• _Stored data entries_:

:::::

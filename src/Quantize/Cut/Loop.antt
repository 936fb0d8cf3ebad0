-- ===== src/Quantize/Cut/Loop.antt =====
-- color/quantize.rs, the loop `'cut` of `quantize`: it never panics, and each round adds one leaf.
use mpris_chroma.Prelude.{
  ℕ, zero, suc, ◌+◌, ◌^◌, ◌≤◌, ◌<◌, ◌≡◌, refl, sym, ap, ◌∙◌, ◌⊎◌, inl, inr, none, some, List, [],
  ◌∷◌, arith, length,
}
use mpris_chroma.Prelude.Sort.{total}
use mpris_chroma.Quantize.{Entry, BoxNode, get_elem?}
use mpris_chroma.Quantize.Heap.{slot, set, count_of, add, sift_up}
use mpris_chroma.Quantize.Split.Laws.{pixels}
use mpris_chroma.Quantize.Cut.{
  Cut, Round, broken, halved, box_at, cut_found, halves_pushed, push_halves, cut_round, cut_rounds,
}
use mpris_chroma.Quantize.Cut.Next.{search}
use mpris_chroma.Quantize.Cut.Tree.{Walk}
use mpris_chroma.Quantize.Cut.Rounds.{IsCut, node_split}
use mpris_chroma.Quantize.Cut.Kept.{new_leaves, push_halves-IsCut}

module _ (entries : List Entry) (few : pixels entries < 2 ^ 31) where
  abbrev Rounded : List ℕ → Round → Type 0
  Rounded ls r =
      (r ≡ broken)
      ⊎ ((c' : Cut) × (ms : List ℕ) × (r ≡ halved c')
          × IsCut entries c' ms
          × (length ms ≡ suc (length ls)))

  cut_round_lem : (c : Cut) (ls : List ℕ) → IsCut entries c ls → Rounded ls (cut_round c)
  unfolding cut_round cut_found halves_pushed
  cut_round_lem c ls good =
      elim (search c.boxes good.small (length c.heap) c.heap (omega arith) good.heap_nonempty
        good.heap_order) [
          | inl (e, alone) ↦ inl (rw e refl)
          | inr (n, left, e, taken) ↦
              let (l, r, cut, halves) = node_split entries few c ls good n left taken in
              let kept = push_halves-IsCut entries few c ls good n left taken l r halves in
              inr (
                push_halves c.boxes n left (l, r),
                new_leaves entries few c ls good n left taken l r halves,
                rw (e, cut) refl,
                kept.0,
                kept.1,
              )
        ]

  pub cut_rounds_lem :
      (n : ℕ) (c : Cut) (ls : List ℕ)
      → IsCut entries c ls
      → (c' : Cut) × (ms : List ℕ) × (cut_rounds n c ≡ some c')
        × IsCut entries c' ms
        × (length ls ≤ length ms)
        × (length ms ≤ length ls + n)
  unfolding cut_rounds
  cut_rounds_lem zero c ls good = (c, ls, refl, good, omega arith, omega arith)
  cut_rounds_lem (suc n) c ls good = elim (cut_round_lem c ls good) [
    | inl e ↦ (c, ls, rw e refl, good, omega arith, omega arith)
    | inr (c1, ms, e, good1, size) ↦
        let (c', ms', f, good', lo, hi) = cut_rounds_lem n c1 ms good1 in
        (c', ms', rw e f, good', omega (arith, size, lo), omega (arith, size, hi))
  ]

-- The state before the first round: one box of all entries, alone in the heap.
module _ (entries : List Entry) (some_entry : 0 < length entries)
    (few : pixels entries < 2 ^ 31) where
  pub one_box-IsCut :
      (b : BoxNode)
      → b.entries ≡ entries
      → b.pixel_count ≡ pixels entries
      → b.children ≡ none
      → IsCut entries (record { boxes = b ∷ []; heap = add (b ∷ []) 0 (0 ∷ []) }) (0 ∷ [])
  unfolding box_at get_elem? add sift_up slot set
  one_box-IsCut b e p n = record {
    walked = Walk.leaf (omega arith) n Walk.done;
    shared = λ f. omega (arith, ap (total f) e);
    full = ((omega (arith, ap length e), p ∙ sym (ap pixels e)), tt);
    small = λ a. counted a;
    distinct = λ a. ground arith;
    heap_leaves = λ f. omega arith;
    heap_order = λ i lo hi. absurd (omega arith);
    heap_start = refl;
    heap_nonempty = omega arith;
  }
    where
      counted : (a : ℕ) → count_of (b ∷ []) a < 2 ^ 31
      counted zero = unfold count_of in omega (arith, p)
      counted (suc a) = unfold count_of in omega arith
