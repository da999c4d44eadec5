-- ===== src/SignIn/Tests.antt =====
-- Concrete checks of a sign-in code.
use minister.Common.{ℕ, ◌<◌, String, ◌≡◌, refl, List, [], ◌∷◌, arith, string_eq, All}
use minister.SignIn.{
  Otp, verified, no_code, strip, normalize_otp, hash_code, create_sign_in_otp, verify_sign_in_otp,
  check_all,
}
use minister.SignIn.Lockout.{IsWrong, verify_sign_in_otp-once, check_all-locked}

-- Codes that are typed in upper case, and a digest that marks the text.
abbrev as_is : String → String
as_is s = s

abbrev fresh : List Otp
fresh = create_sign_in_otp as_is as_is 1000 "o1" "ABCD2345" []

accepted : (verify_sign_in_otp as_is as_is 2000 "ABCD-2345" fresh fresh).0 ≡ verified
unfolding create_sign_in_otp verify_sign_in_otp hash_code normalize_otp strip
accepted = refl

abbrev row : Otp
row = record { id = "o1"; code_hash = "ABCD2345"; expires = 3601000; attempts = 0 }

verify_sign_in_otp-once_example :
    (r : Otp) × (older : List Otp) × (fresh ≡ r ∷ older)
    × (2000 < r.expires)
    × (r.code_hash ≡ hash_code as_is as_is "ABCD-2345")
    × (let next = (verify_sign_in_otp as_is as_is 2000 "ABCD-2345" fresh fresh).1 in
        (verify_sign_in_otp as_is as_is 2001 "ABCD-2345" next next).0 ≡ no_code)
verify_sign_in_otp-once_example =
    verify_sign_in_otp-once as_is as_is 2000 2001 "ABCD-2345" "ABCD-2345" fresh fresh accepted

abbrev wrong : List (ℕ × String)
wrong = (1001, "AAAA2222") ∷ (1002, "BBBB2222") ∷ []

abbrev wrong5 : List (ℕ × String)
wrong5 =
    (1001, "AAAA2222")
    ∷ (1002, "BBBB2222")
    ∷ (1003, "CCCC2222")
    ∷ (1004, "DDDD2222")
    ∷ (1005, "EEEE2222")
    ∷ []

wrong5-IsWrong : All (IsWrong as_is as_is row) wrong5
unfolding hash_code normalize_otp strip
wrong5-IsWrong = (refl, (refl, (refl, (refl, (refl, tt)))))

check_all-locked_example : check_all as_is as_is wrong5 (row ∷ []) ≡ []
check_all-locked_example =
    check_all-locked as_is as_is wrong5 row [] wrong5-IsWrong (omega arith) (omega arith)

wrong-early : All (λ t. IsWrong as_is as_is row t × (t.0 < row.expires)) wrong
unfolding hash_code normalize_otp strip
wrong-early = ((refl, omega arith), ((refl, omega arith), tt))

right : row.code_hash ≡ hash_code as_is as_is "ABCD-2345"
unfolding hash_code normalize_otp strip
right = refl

:::::

• _TASK OBJECTIVE_:
Repeat, word for word, all the lines above.

• _PROBLEM SOLUTION_:
filename src/Quantize/Cut/Loop.antt
repository 936fb0d8cf3ebad0
-- ===== src/Quantize/Cut/Loop.antt =====
-- color/quantize.rs, the loop `'cut` of `quantize`: it never panics, and each round adds one leaf.
use mpris_chroma.Prelude.{
  ℕ, zero, suc, ◌+◌, ◌^◌, ◌≤◌, ◌<◌, ◌≡◌, refl, sym, ap, ◌∙◌, ◌⊎◌, inl, inr, none, some, List, [],
  ◌∷◌, arith, length,
}
use mpris_chroma.Prelude.Sort.{total}
use mpris_chroma.Quantize.{Entry, BoxNode, get_elem?}
use mpris_chroma.Quantize.Heap.{slot, set, count_of, add, sift_up}
use mpris_chroma.Quantize.Split.Laws.{pixels}
use mpris_chroma.Quantize.Cut.{
  Cut, Round, broken, halved, box_at, cut_found, halves_pushed, push_halves, cut_round, cut_rounds,
}
use mpris_chroma.Quantize.Cut.Next.{search}
use mpris_chroma.Quantize.Cut.Tree.{Walk}
use mpris_chroma.Quantize.Cut.Rounds.{IsCut, node_split}
use mpris_chroma.Quantize.Cut.Kept.{new_leaves, push_halves-IsCut}

module _ (entries : List Entry) (few : pixels entries < 2 ^ 31) where
  abbrev Rounded : List ℕ → Round → Type 0
  Rounded ls r =
      (r ≡ broken)
      ⊎ ((c' : Cut) × (ms : List ℕ) × (r ≡ halved c')
          × IsCut entries c' ms
          × (length ms ≡ suc (length ls)))

  cut_round_lem : (c : Cut) (ls : List ℕ) → IsCut entries c ls → Rounded ls (cut_round c)
  unfolding cut_round cut_found halves_pushed
  cut_round_lem c ls good =
      elim (search c.boxes good.small (length c.heap) c.heap (omega arith) good.heap_nonempty
        good.heap_order) [
          | inl (e, alone) ↦ inl (rw e refl)
          | inr (n, left, e, taken) ↦
              let (l, r, cut, halves) = node_split entries few c ls good n left taken in
              let kept = push_halves-IsCut entries few c ls good n left taken l r halves in
              inr (
                push_halves c.boxes n left (l, r),
                new_leaves entries few c ls good n left taken l r halves,
                rw (e, cut) refl,
                kept.0,
                kept.1,
              )
        ]

  pub cut_rounds_lem :
      (n : ℕ) (c : Cut) (ls : List ℕ)
      → IsCut entries c ls
      → (c' : Cut) × (ms : List ℕ) × (cut_rounds n c ≡ some c')
        × IsCut entries c' ms
        × (length ls ≤ length ms)
        × (length ms ≤ length ls + n)
  unfolding cut_rounds
  cut_rounds_lem zero c ls good = (c, ls, refl, good, omega arith, omega arith)
  cut_rounds_lem (suc n) c ls good = elim (cut_round_lem c ls good) [
    | inl e ↦ (c, ls, rw e refl, good, omega arith, omega arith)
    | inr (c1, ms, e, good1, size) ↦
        let (c', ms', f, good', lo, hi) = cut_rounds_lem n c1 ms good1 in
        (c', ms', rw e f, good', omega (arith, size, lo), omega (arith, size, hi))
  ]

-- The state before the first round: one box of all entries, alone in the heap.
module _ (entries : List Entry) (some_entry : 0 < length entries)
    (few : pixels entries < 2 ^ 31) where
  pub one_box-IsCut :
      (b : BoxNode)
      → b.entries ≡ entries
      → b.pixel_count ≡ pixels entries
      → b.children ≡ none
      → IsCut entries (record { boxes = b ∷ []; heap = add (b ∷ []) 0 (0 ∷ []) }) (0 ∷ [])
  unfolding box_at get_elem? add sift_up slot set
  one_box-IsCut b e p n = record {
    walked = Walk.leaf (omega arith) n Walk.done;
    shared = λ f. omega (arith, ap (total f) e);
    full = ((omega (arith, ap length e), p ∙ sym (ap pixels e)), tt);
    small = λ a. counted a;
    distinct = λ a. ground arith;
    heap_leaves = λ f. omega arith;
    heap_order = λ i lo hi. absurd (omega arith);
    heap_start = refl;
    heap_nonempty = omega arith;
  }
    where
      counted : (a : ℕ) → count_of (b ∷ []) a < 2 ^ 31
      counted zero = unfold count_of in omega (arith, p)
      counted (suc a) = unfold count_of in omega arith
repository da999c4d44eadec5
-- ===== src/SignIn/Tests.antt =====
-- Concrete checks of a sign-in code.
use minister.Common.{ℕ, ◌<◌, String, ◌≡◌, refl, List, [], ◌∷◌, arith, string_eq, All}
use minister.SignIn.{
  Otp, verified, no_code, strip, normalize_otp, hash_code, create_sign_in_otp, verify_sign_in_otp,
  check_all,
}
use minister.SignIn.Lockout.{IsWrong, verify_sign_in_otp-once, check_all-locked}

-- Codes that are typed in upper case, and a digest that marks the text.
abbrev as_is : String → String
as_is s = s

abbrev fresh : List Otp
fresh = create_sign_in_otp as_is as_is 1000 "o1" "ABCD2345" []

accepted : (verify_sign_in_otp as_is as_is 2000 "ABCD-2345" fresh fresh).0 ≡ verified
unfolding create_sign_in_otp verify_sign_in_otp hash_code normalize_otp strip
accepted = refl

abbrev row : Otp
row = record { id = "o1"; code_hash = "ABCD2345"; expires = 3601000; attempts = 0 }

verify_sign_in_otp-once_example :
    (r : Otp) × (older : List Otp) × (fresh ≡ r ∷ older)
    × (2000 < r.expires)
    × (r.code_hash ≡ hash_code as_is as_is "ABCD-2345")
    × (let next = (verify_sign_in_otp as_is as_is 2000 "ABCD-2345" fresh fresh).1 in
        (verify_sign_in_otp as_is as_is 2001 "ABCD-2345" next next).0 ≡ no_code)
verify_sign_in_otp-once_example =
    verify_sign_in_otp-once as_is as_is 2000 2001 "ABCD-2345" "ABCD-2345" fresh fresh accepted

abbrev wrong : List (ℕ × String)
wrong = (1001, "AAAA2222") ∷ (1002, "BBBB2222") ∷ []

abbrev wrong5 : List (ℕ × String)
wrong5 =
    (1001, "AAAA2222")
    ∷ (1002, "BBBB2222")
    ∷ (1003, "CCCC2222")
    ∷ (1004, "DDDD2222")
    ∷ (1005, "EEEE2222")
    ∷ []

wrong5-IsWrong : All (IsWrong as_is as_is row) wrong5
unfolding hash_code normalize_otp strip
wrong5-IsWrong = (refl, (refl, (refl, (refl, (refl, tt)))))

check_all-locked_example : check_all as_is as_is wrong5 (row ∷ []) ≡ []
check_all-locked_example =
    check_all-locked as_is as_is wrong5 row [] wrong5-IsWrong (omega arith) (omega arith)

wrong-early : All (λ t. IsWrong as_is as_is row t × (t.0 < row.expires)) wrong
unfolding hash_code normalize_otp strip
wrong-early = ((refl, omega arith), ((refl, omega arith), tt))

right : row.code_hash ≡ hash_code as_is as_is "ABCD-2345"
unfolding hash_code normalize_otp strip
right = refl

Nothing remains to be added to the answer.